HP OpenVMS OpenVMS Cluster システム
7.8.2 コマンドの例 | |
以下のコマンドは,クラスタ単位の汎用キュー SYS$PRINT を初期化し,起動します。
$ INITIALIZE/QUEUE/GENERIC=(JUPITR_LPA0,SATURN_LPA0,URANUS_LPA0)/START SYS$PRINT
|
SYS$PRINT キューに登録されたジョブは,割り当てられているプリント・キューのうち,使用可能な任意のキューに格納されます。したがって,この例では,SYS$PRINT キューに登録される JUPITR からのプリント・ジョブは,JUPITR_LPA0, SATURN_LPA0,URANUS_LPA0 のいずれにでも登録することができます。

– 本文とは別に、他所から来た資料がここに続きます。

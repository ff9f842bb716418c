-- ===== src/Transport/Credit.antt =====
-- internal/transport/credit.go: the ledger of the backpressure window. A method runs under the
-- mutex, so it is one step from a ledger to the next.
pub mod Ledger
pub mod Strikes
pub mod Lawful
use kvstash.Prelude.{ℕ, ◌+◌, ◌-◌, ◌*◌, ◌%◌, ◌^◌, Bool, leb, ltb, ◌==◌, if◌then◌else◌}

pub data Violation : Type 0 where
  violation_none violation_busy violation_fatal : Violation

pub record CreditWindow : Type 0 where
  pub window : ℕ
  pub max_frame : ℕ
  pub outstanding : ℕ
  pub pending : ℕ
  pub strikes : ℕ
  pub consumed : ℕ
  pub granted : ℕ

-- Addition on uint64.
infixl 65 ◌+u64◌
abbrev pub ◌+u64◌ : ℕ → ℕ → ℕ
a +u64 b = (a + b) % 2 ^ 64

abbrev pub max_uint32 : ℕ
max_uint32 = 4294967295

-- `SetWindow`.
unfoldable pub set_window : CreditWindow → ℕ → ℕ → CreditWindow
set_window w window max_frame = record w { window = window; max_frame = max_frame }

-- `Account`.
unfoldable pub account : CreditWindow → ℕ → CreditWindow
account w n = record w { outstanding = w.outstanding +u64 n; consumed = w.consumed +u64 n }

-- `Consume`.
unfoldable pub consume : CreditWindow → ℕ → CreditWindow × Violation
consume w n =
    let w' = record w { outstanding = w.outstanding +u64 n; consumed = w.consumed +u64 n } in
    if leb w'.outstanding (w.window +u64 w.max_frame) then (w', violation_none) else (
      record w' { strikes = w.strikes + 1 },
      if w.strikes + 1 == 1 then violation_busy else violation_fatal,
    )

-- `Grant`: the amount is cut to what is outstanding.
unfoldable pub grant : CreditWindow → ℕ → CreditWindow
grant w n =
    let m = if ltb w.outstanding n then w.outstanding % 2 ^ 32 else n in
    record w {
      outstanding = w.outstanding - m;
      granted = w.granted +u64 m;
      pending = w.pending +u64 m;
    }

-- `TakeGrant`: at most what a header's credit field holds.
unfoldable pub take_grant : CreditWindow → CreditWindow × ℕ
take_grant w =
    let g = if ltb max_uint32 w.pending then max_uint32 else w.pending in
    (record w { pending = w.pending - g }, g)

-- `PendingGrant`.
unfoldable pub pending_grant : CreditWindow → Bool
pending_grant w = ltb 0 w.pending

-- The zero value, with which a connection starts.
abbrev pub new_window : CreditWindow
new_window = record {
  window = 0;
  max_frame = 0;
  outstanding = 0;
  pending = 0;
  strikes = 0;
  consumed = 0;
  granted = 0;
}
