-- ===== src/Transport/Credit/Lawful.antt =====
-- The ledger against a client that keeps the rule of the window: it sends a frame, of at most the
-- negotiated length, only while its window is open. Frames and grants take any time on the way.
use kvstash.Prelude.{ℕ, ◌+◌, ◌^◌, ◌≤◌, ◌<◌, ◌≡◌, arith}
use kvstash.Transport.Credit.{
  CreditWindow, violation_none, consume, account, grant, take_grant, new_window, set_window,
}

-- `sent` and `received` are the client's totals, of bytes sent and of grants received; `taken` is
-- what the server has put on the wire.
pub record Link : Type 0 where
  pub ledger : CreditWindow
  pub sent : ℕ
  pub taken : ℕ
  pub received : ℕ

-- The window is open while less has been sent than the first window and all grants received. The
-- totals of a connection stay below 2 ^ 64.
pub data Step : Link → Link → Type 0 where
  sends :
      (s : Link) (n : ℕ)
      → s.sent < s.ledger.window + s.received
      → n ≤ s.ledger.max_frame
      → s.sent + n < 2 ^ 64
      → Step s (record s { sent = s.sent + n })
  arrives :
      (s : Link) (n : ℕ)
      → s.ledger.consumed + n ≤ s.sent
      → Step s (record s { ledger = (consume s.ledger n).0 })
  arrives_over_cap :
      (s : Link) (n : ℕ)
      → s.ledger.consumed + n ≤ s.sent
      → Step s (record s { ledger = account s.ledger n })
  grants : (s : Link) (n : ℕ) → Step s (record s { ledger = grant s.ledger n })
  takes :
      (s : Link)
      → Step s
          (record s { ledger = (take_grant s.ledger).0; taken = s.taken + (take_grant s.ledger).1 })
  receives :
      (s : Link) (n : ℕ)
      → s.received + n ≤ s.taken
      → Step s (record s { received = s.received + n })

pub data Reach (s : Link) : Link → Type 0 where
  here : Reach s s
  next : {t u : Link} → Reach s t → Step t u → Reach s u

-- A connection as it opens.
unfoldable pub opened : ℕ → ℕ → Link
opened window max_frame = record {
  ledger = set_window new_window window max_frame;
  sent = 0;
  taken = 0;
  received = 0;
}

record Inv (s : Link) : Type 0 where
  books : s.ledger.consumed ≡ s.ledger.granted + s.ledger.outstanding
  wire : s.ledger.granted ≡ s.taken + s.ledger.pending
  order : s.ledger.consumed ≤ s.sent
  acked : s.received ≤ s.taken
  room : s.sent ≤ s.ledger.window + s.received + s.ledger.max_frame
  words : s.ledger.window + s.ledger.max_frame < 2 ^ 64
  total : s.sent < 2 ^ 64
  clean : s.ledger.strikes ≡ 0

Step-Inv : {s t : Link} → Step s t → Inv s → Inv t
unfolding consume account grant take_grant
Step-Inv (sends s n ready fits total) v = ground arith
Step-Inv (arrives s n h) v = ground arith
Step-Inv (arrives_over_cap s n h) v = ground arith
Step-Inv (grants s n) v = ground arith
Step-Inv (takes s) v = ground arith
Step-Inv (receives s n h) v = ground arith

opened-Inv :
    (window max_frame : ℕ) → window < 2 ^ 32 → max_frame < 2 ^ 32 → Inv (opened window max_frame)
unfolding opened set_window
opened-Inv window max_frame hw hf = omega arith

Reach-Inv : {s t : Link} → Inv s → Reach s t → Inv t
Reach-Inv h here = h
Reach-Inv h (next r st) = Step-Inv st (Reach-Inv h r)

-- However sends, arrivals, grants and their receipts interleave on a connection whose window stays as it
-- was opened, a client that keeps the rule is never answered with a violation: no strike is noted, and any frame of its that can still arrive
-- is ruled within the window.
pub lawful_client_unstruck :
    (window max_frame n : ℕ) {s : Link}
    → window < 2 ^ 32
    → max_frame < 2 ^ 32
    → Reach (opened window max_frame) s
    → s.ledger.consumed + n ≤ s.sent
    → (s.ledger.strikes ≡ 0) × ((consume s.ledger n).1 ≡ violation_none)
unfolding consume
lawful_client_unstruck window max_frame n hw hf r h =
    let v = Reach-Inv (opened-Inv window max_frame hw hf) r in
    ground (arith, v.books, v.wire, v.order, v.acked, v.room, v.words, v.total, v.clean)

一般に,実行バッチ・キューは,スタンドアロン・コンピュータの場合と同じ手順で,OpenVMS Cluster の各コンピュータで設定します。この方法の詳細については,『OpenVMS システム管理者マニュアル』を参照してください。
7.9.1 操作を開始する前に | |
バッチ・キューを設定する前に,クラスタにとってどのキュー構成が最適であるかを判断しなければなりません。システム管理者はクラスタでバッチ・ジョブを効率よく処理できるようにバッチ・キューを設定しなければなりません。たとえば,以下の操作が必要です。
- 各コンピュータで実行する処理の種類を判断します。
- これらの処理ニーズに適合するように,ローカル・バッチ・キューを設定します。
- クラスタ全体でバッチ・ジョブ処理を分散するために,クラスタ単位の汎用キューを設定するかどうかを判断します。
- スタートアップを単純化するために,自動起動キューを使用するかどうかを判断します。
ニーズに最適な方式を判断した後,キューを設定するためにコマンド・プロシージャを作成できます。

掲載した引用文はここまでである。